As historians we rely on written sources, on official documents that are considered important enough to be preserved. But what about personal conversations and relationships? These are not written down. Behind every police interview there are a thousand words unrecorded. The record of every relationship is re-written after it ends. Warm feelings are minimised or denied in light of uncovered secrets and betrayals. What happened then is covered over by the context of what is happening now. This is particularly evident in cases of murder. When men killed their wives in the mid-twentieth century they gave narratives of their marriages that fitted with the contemporary understanding of manslaughter over murder. They described small problems over long periods that built up and up until they reached a critical moment of violence. Otherwise happy marriages were reframed to make husbands less culpable in their wives’ murders. With my own experiences in mind, I take nothing for granted. To me, these records can never give a ‘truthful’ account of a relationship. We have only the surviving spouses framing of the marriage.

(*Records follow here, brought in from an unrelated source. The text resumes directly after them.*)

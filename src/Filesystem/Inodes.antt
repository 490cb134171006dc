-- ===== src/Filesystem/Inodes.antt =====
-- `lookup`, `getattr`, `setattr` and `readlink` (src/filesystem.rs).
pub mod Resizing
use sqlitefs_temporal.Base.{ℕ, String, ltb, Option, none, some, if◌then◌else◌}
use sqlitefs_temporal.Base.Bytes.{Bytes, resize}
use sqlitefs_temporal.DbModule.{
  symlink, SystemTime, Timespec, DbFileAttr, datetime_from, get_file_attr,
}
use sqlitefs_temporal.Schema.{file_type_eq}
use sqlitefs_temporal.Sqlite.{M}
use sqlitefs_temporal.Sqlite.Inodes
use sqlitefs_temporal.Sqlite.Past
use sqlitefs_temporal.Sqlite.Content
use sqlitefs_temporal.Filesystem.State.{
  SqliteFs, Handler, error, entry, attr, bytes, enoent, einval, pure, return, gets, try, try_some,
  or_reply, panicked, handler, unless_read_only, count_lookup, recording, u16, u32, ◌>>=◌, ◌>>◌,
}

-- `self.db.lookup` or `self.db.lookup_at_time`, by the mode of the mount
unfoldable pub find_entry : ℕ → String → SqliteFs → M (Option DbFileAttr)
find_entry parent name s =
    if s.rewind then Past.lookup_at_time parent name else Inodes.lookup (recording s) parent name

unfoldable pub lookup : ℕ → String → Handler
unfolding find_entry
lookup parent64 name = handler (do
  found ← gets (find_entry (u32 parent64) name)
  v ← try_some found
  count_lookup v.ino
  pure (entry (get_file_attr v)))

-- `self.db.get_inode` or `self.db.get_inode_at_time`
unfoldable pub find_inode : ℕ → SqliteFs → M (Option DbFileAttr)
find_inode ino s = if s.rewind then Past.get_inode_at_time ino else Inodes.get_inode ino

unfoldable pub getattr : ℕ → Handler
unfolding find_inode
getattr ino =
    handler
      (do found ← gets (find_inode (u32 ino)); v ← try_some found; pure (attr (get_file_attr v)))

-- The arguments of `setattr` that the handler reads.
pub record Changes : Type 0 where
  pub mode : Option ℕ
  pub uid : Option ℕ
  pub gid : Option ℕ
  pub size : Option ℕ
  pub atime : Option Timespec
  pub mtime : Option Timespec
  pub crtime : Option Timespec
  pub flags : Option ℕ

abbrev pub or_old : {A B : Type 0} → (A → B) → B → Option A → B
or_old f old none = old
or_old f old (some n) = f n

-- `if let Some(n) = atime { attr.atime = attr.datetime_from(&n) }`
abbrev pub time_or_old : SystemTime → Option Timespec → Option SystemTime
time_or_old old none = some old
time_or_old old (some n) = datetime_from n

-- Nothing where a time that is given panics.
unfoldable pub changed : Changes → DbFileAttr → Option DbFileAttr
changed c a = elim (time_or_old a.atime c.atime) [
  | none ↦ none
  | some atime ↦ elim (time_or_old a.mtime c.mtime) [
    | none ↦ none
    | some mtime ↦ elim (time_or_old a.crtime c.crtime) [
      | none ↦ none
      | some crtime ↦ some (record a {
        perm = or_old u16 a.perm c.mode;
        uid = or_old (λ n. n) a.uid c.uid;
        gid = or_old (λ n. n) a.gid c.gid;
        size = or_old u32 a.size c.size;
        atime = atime;
        mtime = mtime;
        crtime = crtime;
        flags = or_old (λ n. n) a.flags c.flags;
      })
    ]
  ]
]

unfoldable pub setattr : ℕ → Changes → Handler
setattr ino c = unless_read_only (do
  old ← try_some (Inodes.get_inode (u32 ino))
  new ← or_reply panicked (changed c old)
  try enoent (Inodes.update_inode new (ltb new.size old.size))
  pure (attr (get_file_attr new)))

-- `self.db.get_data` or `self.db.get_data_at_time`
unfoldable pub fetch_block : ℕ → ℕ → ℕ → SqliteFs → M Bytes
fetch_block ino block length s =
    if s.rewind
    then Past.get_data_at_time (recording s) ino block length
    else Content.get_data s.db.read_only (recording s) ino block length

unfoldable pub readlink : ℕ → Handler
unfolding find_inode fetch_block
readlink ino64 = handler (do
  found ← gets (find_inode (u32 ino64))
  v ← try_some found
  if file_type_eq v.kind symlink then pure tt else return (error einval)
  fetch ← gets (fetch_block (u32 ino64) 1 v.size)
  blob ← try enoent fetch
  pure (bytes (resize v.size blob)))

Another example of my approach being influenced by my personal experiences, is my analysis of photographs. The last panel I attended at the European Social Science History Conference was on the subject of family photographs. What can family photographs and films tell us about the past? How can they be historicized? How can they be used by historians? My own experiences make me highly sceptical of family photographs, of any photographs, because for every happy family group or home they show someone is always excluded, even if it is only the person behind the camera. As Stuart Hall describes, even private family photos are constructed to represent some notion of respectability, affluence or honour (Stuart Hall, ‘Reconstruction Work: Images of Postwar Black Settlement,’ in James Proctor (ed.) Writing Black Britain, 1948–1998: An Interdisciplinary Anthology (Manchester, MUP, 2000), pp. 82–94). There exist a thousand family photos of which I am not a part. 

Public photographers like Roger Mayne, depicted working-class people as having vibrant street lives rather than quiet and private domestic lives. (See Stephen Brooke, 'Revisiting Southam Street: Class, Generation, Gender, and Race in the Photography of Roger Mayne', Journal of British Studies, 53:02 (2014), pp. 453-496.) This is why the photographs of domestic crime scenes I use are so precious, so unique. However, police and courts sought to frame working-class homes in the photos as somehow culpable in the crimes that took place there. Perhaps because I know from personal experience that photographs do not necessarily show what captions or first glances suggest, I am able to question and contest the judgements that are made about peoples’ private domestic lives from photographs of working-class homes.

Secrets are classed, says Cohen. Only those with a respectable veneer to preserve need to keep them. ‘Keeping a secret, like keeping a servant, was one way, then, to define the middle class.’ (Cohen, Family Secrets, p. xviii). Talking about one's troubles is also classed, she says, it makes one ‘rough’ rather than respectable. (And don't I know it!) ‘Does my reflexivity embarrass you?’ asks Lucy Robinson. Does this blog post make for uncomfortable reading? Does it fit with serious academic discussion, or is it akin to a ‘misery memoir’? Am I ‘rough’ for ‘airing my dirty laundry’ this way? Or does this post function as a way to think reflexively about the ways and means history affects us, and how we affect history?

Postscript: This blog post was created in May 2016. In 2017 I've removed some content because it is time to move on. Though my personal experiences have shaped my approach to historical research, it is the approach that I carry forward with me. Some things from my past belong there: they are history.